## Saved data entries
>>>

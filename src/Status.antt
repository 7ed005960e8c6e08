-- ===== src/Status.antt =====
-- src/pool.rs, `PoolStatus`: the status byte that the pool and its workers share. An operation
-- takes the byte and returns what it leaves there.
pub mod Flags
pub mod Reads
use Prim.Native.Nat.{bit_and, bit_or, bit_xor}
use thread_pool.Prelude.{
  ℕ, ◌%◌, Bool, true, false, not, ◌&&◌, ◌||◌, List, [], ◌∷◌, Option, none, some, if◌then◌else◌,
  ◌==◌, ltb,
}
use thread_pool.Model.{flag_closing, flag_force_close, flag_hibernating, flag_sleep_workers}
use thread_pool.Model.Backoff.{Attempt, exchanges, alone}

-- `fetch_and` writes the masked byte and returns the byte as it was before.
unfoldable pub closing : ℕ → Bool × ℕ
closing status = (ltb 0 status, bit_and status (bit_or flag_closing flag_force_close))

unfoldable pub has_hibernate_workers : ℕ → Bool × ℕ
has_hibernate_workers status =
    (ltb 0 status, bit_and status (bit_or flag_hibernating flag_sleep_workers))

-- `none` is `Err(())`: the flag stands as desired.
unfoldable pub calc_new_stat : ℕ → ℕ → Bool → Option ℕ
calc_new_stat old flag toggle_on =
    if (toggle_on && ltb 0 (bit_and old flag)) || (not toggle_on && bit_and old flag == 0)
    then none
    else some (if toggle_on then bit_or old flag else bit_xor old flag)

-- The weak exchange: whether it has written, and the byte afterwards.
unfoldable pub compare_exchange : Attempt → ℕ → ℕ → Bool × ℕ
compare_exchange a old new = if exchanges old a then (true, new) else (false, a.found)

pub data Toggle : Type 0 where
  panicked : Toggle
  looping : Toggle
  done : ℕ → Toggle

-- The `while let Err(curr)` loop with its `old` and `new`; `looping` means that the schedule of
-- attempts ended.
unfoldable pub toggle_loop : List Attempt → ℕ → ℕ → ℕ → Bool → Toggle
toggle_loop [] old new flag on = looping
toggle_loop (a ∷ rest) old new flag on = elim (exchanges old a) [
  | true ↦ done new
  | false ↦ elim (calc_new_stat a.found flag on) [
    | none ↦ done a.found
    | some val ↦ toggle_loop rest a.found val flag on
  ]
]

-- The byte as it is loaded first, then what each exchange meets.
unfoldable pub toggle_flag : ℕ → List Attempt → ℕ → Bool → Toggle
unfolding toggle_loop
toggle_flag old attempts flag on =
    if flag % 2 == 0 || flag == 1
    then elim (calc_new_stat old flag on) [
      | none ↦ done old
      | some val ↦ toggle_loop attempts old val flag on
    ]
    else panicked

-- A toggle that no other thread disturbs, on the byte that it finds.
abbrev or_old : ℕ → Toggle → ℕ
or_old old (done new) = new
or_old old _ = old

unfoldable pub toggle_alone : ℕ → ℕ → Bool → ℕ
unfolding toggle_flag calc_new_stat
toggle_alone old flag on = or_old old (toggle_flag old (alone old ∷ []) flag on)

<<<

## Work to complete
Only the lines from the one with "-- A toggle" through the last line above should be restated, word for word.

## Response
-- A toggle that no other thread disturbs, on the byte that it finds.
abbrev or_old : ℕ → Toggle → ℕ
or_old old (done new) = new
or_old old _ = old

unfoldable pub toggle_alone : ℕ → ℕ → Bool → ℕ
unfolding toggle_flag calc_new_stat
toggle_alone old flag on = or_old old (toggle_flag old (alone old ∷ []) flag on)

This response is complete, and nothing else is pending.